#### [Your goal]
Find the number of lines below in which the word "Picks" appears, and write that number only.
+++
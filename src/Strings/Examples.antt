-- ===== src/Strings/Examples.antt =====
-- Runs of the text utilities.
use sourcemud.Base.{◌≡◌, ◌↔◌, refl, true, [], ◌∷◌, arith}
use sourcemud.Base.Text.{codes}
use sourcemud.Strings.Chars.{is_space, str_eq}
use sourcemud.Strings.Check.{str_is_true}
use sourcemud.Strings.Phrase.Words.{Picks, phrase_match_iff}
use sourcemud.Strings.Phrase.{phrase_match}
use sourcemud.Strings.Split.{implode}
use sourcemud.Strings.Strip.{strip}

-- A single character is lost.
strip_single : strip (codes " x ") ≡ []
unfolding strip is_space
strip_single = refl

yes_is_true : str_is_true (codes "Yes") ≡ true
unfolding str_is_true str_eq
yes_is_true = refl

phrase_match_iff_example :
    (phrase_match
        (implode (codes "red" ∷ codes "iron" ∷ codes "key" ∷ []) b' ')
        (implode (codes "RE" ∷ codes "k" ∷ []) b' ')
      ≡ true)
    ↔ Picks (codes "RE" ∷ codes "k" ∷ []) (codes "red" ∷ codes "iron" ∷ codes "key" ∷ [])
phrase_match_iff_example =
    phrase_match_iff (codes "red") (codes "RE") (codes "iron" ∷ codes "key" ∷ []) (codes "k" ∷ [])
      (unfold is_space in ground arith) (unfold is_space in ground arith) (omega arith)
+++
#### [Response to this exercise]
2